The importance of purification isn’t just to prevent yourself from suffering in the lower realms. When you become a human being you still have to experience so much suffering and so many problems. There are three suffering results coming from your past negative karma:

1) The environmental result of living in a harsh, dirty place;

2) The result similar to the cause, when others harm you in the same way you harmed them in the past. This new complete negative karma produces four new suffering results;

3) The habitual result when you create the same kind of action again. From one negative karma you experience endless suffering results. This is what happens if you don’t purify that negative karma as quickly as possible with the four remedial powers. The most terrifying thing is that, due to karmic imprints, you repeat the negative action again in your next life. This is much more terrifying than suffering in the hells. With suffering in the hells you experience it and then it eventually stops after one or two eons, but if you don’t purify your karma and just leave it, it causes endless sufferings, hells, and human being’s problems that, of course, you don’t want. You want liberation. Any pain you experience isn’t according to your wish. You don’t even want a small problem in your dreams.
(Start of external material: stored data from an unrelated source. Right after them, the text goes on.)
-- ===== src/Collect/Tracing.antt =====
-- src/collect.rs: the loop of `mark`, with what it keeps between rounds and the fuel that it needs.
use x_engine_rust.Prelude.{
  ◌≡◌, refl, sym, ap, ◌∙◌, ◌⊎◌, inl, inr, true, false, ◌||◌, List, ◌∷◌, ◌==◌, ==_iff, Bool-cases,
}
use mathlib.Core.List.{Memᴰ}
use mathlib.Core.List.Memᴰ
use mathlib.Core.Bool.{true≢false}
use x_engine_rust.Obj.{Obj, is_nil}
use x_engine_rust.Objects.{Objects, flags_word, kind_bits, type_of_word, data_len}
use x_engine_rust.Collect.{is_marked, set_mark, children, push_each}
use x_engine_rust.Collect.Visit.{
  Memᴰ-push_each_inv, Memᴰ-push_each_right, Memᴰ-push_each_left, with_type, object_ne_nil,
}
use x_engine_rust.Collect.Edges.{is_object, edges, Reachable}
use x_engine_rust.Collect.Marks.{IsTraced, Marks, set_mark-Marks, is_marked-set_mark}

-- Between rounds, with `stack` still to visit: what a marked object leads to is marked or on the
-- stack, and so is each root; what is marked or on the stack can be reached.
pub record Tracing (s : Objects) (objs roots : List Obj) (t : Objects) (stack : List Obj)
    : Type 0 where
  pub marks : Marks s objs t
  pub black :
      {o w : Obj}
      → Memᴰ o objs
      → is_marked t o ≡ true
      → Memᴰ w (edges s o)
      → is_object s w ≡ true
      → (is_marked t w ≡ true) ⊎ Memᴰ w stack
  pub rooted :
      {w : Obj} → Memᴰ w roots → is_object s w ≡ true → (is_marked t w ≡ true) ⊎ Memᴰ w stack
  pub sound : {o : Obj} → Memᴰ o objs → is_marked t o ≡ true → Reachable s roots o
  pub grey : {w : Obj} → Memᴰ w stack → is_object s w ≡ true → Memᴰ w objs × Reachable s roots w

module _ (s : Objects) (objs roots : List Obj) (a : IsTraced s objs)
    (start : (w : Obj) → Memᴰ w roots → is_object s w ≡ true → Memᴰ w objs) where
  -- A word popped without effect.
  pub drop-Tracing :
      {t : Objects} {o : Obj} {stack : List Obj}
      → Tracing s objs roots t (o ∷ stack)
      → (is_object s o ≡ false) ⊎ (is_marked t o ≡ true)
      → Tracing s objs roots t stack
  drop-Tracing {t} {o} {stack} k why = record {
    marks = k.marks;
    black = λ h marked e obj. shorter obj (k.black h marked e obj);
    rooted = λ h obj. shorter obj (k.rooted h obj);
    sound = k.sound;
    grey = λ h obj. k.grey (Memᴰ.tail h) obj;
  }
    where
      shorter :
          {w : Obj}
          → is_object s w ≡ true
          → (is_marked t w ≡ true) ⊎ Memᴰ w (o ∷ stack)
          → (is_marked t w ≡ true) ⊎ Memᴰ w stack
      shorter obj (inl marked) = inl marked
      shorter obj (inr h) = elim (Memᴰ.cases_cons h) [
        | inl e ↦ elim why [
          | inl other ↦ absurd (true≢false (sym obj ∙ ap (is_object s) e ∙ other))
          | inr marked ↦ inl (ap (is_marked t) e ∙ marked)
        ]
        | inr behind ↦ inr behind
      ]

  -- The stack after a fresh object: its edges on the rest.
  abbrev pub onto : Obj → List Obj → List Obj
  onto o stack =
      push_each (children s o (kind_bits (flags_word s o)) (data_len s o))
        (with_type (type_of_word s o) stack)

  onto_later : (o : Obj) (stack : List Obj) {w : Obj} → Memᴰ w stack → Memᴰ w (onto o stack)
  onto_later o stack h = Memᴰ-push_each_right _ _ (with_later (type_of_word s o) h)
    where
      with_later : (ty : Obj) {w : Obj} → Memᴰ w stack → Memᴰ w (with_type ty stack)
      with_later ty h = elim (Bool-cases (is_nil ty)) [
        | inl e ↦ rw e h
        | inr e ↦ rw e (Memᴰ.tail h)
      ]

  onto_edge :
      (o : Obj) (stack : List Obj) {w : Obj}
      → Memᴰ w (edges s o)
      → is_object s w ≡ true
      → Memᴰ w (onto o stack)
  onto_edge o stack {w} h obj = elim (Memᴰ.cases_cons h) [
    | inl e ↦ Memᴰ-push_each_right _ _ (typed (type_of_word s o) e)
    | inr c ↦ Memᴰ-push_each_left _ _ c
  ]
    where
      typed : (ty : Obj) → w ≡ ty → Memᴰ w (with_type ty stack)
      typed ty e =
          let ne : is_nil ty ≡ false = ap is_nil (sym e) ∙ object_ne_nil s w obj in
          rw ne (Memᴰ.head e)

  onto_inv :
      (o : Obj) (stack : List Obj) {w : Obj}
      → Memᴰ w (onto o stack)
      → Memᴰ w (edges s o) ⊎ Memᴰ w stack
  onto_inv o stack {w} h = elim (Memᴰ-push_each_inv _ _ h) [
    | inl c ↦ inl (Memᴰ.tail c)
    | inr z ↦ typed (type_of_word s o) refl z
  ]
    where
      typed :
          (ty : Obj)
          → ty ≡ type_of_word s o
          → Memᴰ w (with_type ty stack)
          → Memᴰ w (edges s o) ⊎ Memᴰ w stack
      typed ty same z = elim (Bool-cases (is_nil ty)) [
        | inl e ↦ inr (rw e at z)
        | inr e ↦ elim (Memᴰ.cases_cons (rw e at z)) [
          | inl here ↦ inl (Memᴰ.head (here ∙ same))
          | inr later ↦ inr later
        ]
      ]

  pub fresh-Tracing :
      {t : Objects} {o : Obj} {stack : List Obj}
      → Tracing s objs roots t (o ∷ stack)
      → is_object s o ≡ true
      → is_marked t o ≡ false
      → Tracing s objs roots (set_mark t o) (onto o stack)
  fresh-Tracing {t} {o} {stack} k obj fresh = record {
    marks = set_mark-Marks a k.marks known fresh;
    black = λ {o = p} {w} h marked e obj'. elim (Bool-cases (p == o)) [
      | inl z ↦ inr (onto_edge o stack (at_o p z e) obj')
      | inr z ↦ later (a.closed h e obj') (k.black h (was z h marked) e obj')
    ];
    rooted = λ h obj'. later (start _ h obj') (k.rooted h obj');
    sound = λ {o = p} h marked. elim (Bool-cases (p == o)) [
      | inl z ↦ rw ((==_iff p o).0 z) reached
      | inr z ↦ k.sound h (was z h marked)
    ];
    grey = λ h obj'. elim (onto_inv o stack h) [
      | inl e ↦ (a.closed known e obj', Reachable.edge reached e obj')
      | inr behind ↦ k.grey (Memᴰ.tail behind) obj'
    ];
  }
    where
      known : Memᴰ o objs
      known = (k.grey (Memᴰ.head refl) obj).0

      reached : Reachable s roots o
      reached = (k.grey (Memᴰ.head refl) obj).1

      now : {p : Obj} → Memᴰ p objs → is_marked (set_mark t o) p ≡ (p == o || is_marked t p)
      now h = is_marked-set_mark a k.marks known fresh h

      was :
          {p : Obj}
          → (p == o) ≡ false
          → Memᴰ p objs
          → is_marked (set_mark t o) p ≡ true
          → is_marked t p ≡ true
      was {p} z h marked = ap (λ b. b || is_marked t p) (sym z) ∙ sym (now h) ∙ marked

      at_o : (p : Obj) {w : Obj} → (p == o) ≡ true → Memᴰ w (edges s p) → Memᴰ w (edges s o)
      at_o p {w} z e = rw ((==_iff p o).0 z) at e

      later :
          {w : Obj}
          → Memᴰ w objs
          → (is_marked t w ≡ true) ⊎ Memᴰ w (o ∷ stack)
          → (is_marked (set_mark t o) w ≡ true) ⊎ Memᴰ w (onto o stack)
      later {w} h (inl marked) =
          inl (now h ∙ elim (Bool-cases (w == o)) [ inl z ↦ rw z refl | inr z ↦ rw z marked ])
      later {w} h (inr on) = elim (Memᴰ.cases_cons on) [
        | inl e ↦ inl (now h ∙ rw ((==_iff w o).1 e) refl)
        | inr z ↦ inr (onto_later o stack z)
      ]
We want even the smallest happiness, even in dreams, and the smallest comforts in daily life. If this is the case we should abandon even the smallest negative action and perform even the smallest virtuous ones while we are walking, eating, talking, and working in all 24 hours of our daily life.

As Lama Tsongkhapa explained in the Foundation of All Good Qualities in the section on karma:

This life is as impermanent as a water bubble
Remember how quickly it decays and death comes
After death, just as a shadow follows the body
The results of black and white karma follow

Finding firm and definite conviction in this
Please bless me always to be careful
To abandon even the slightest negativities
And to do only virtuous actions.

It is so important to purify with the Vajrasattva mantra and prostrations to the Thirty-five Buddhas every day. Reciting each of the Thirty-five Buddhas’ names has the power to purify many eons of negative karma. This is incredibly beneficial. Reciting the names of the Thirty-five Buddhas is like a bomb blasting your negative karma and defilements. I will be so happy if you can memorize this practice while you are in prison so you can recite the names while prostrating. Visualize your countless past life bodies as large as mountains bowing down in all the directions—toward the buddhas, toward your altar—standing up and bowing down. If you can do this with your actual body, that is excellent. The nun you know might have explained the benefits of prostrations to you, that how many atoms your body covers while prostrating, from the tip of the hairs on your head down to the bottom of your feet, creates that many causes to be born as a wheel-turning king equaling the number of that many atoms or 1,000 times equaling that number of atoms.

Of course, to be born a wheel-turning king just one time you have to create inconceivable merits. So the Buddha is just giving an idea by using this example of how much merit you collect by having performed one prostration. Since you dedicate the merits to achieving enlightenment for sentient beings so they all may have happiness and freedom from all sufferings, it is unbelievable. It is such an easy way to help others due to the kindness and compassion of the Buddha.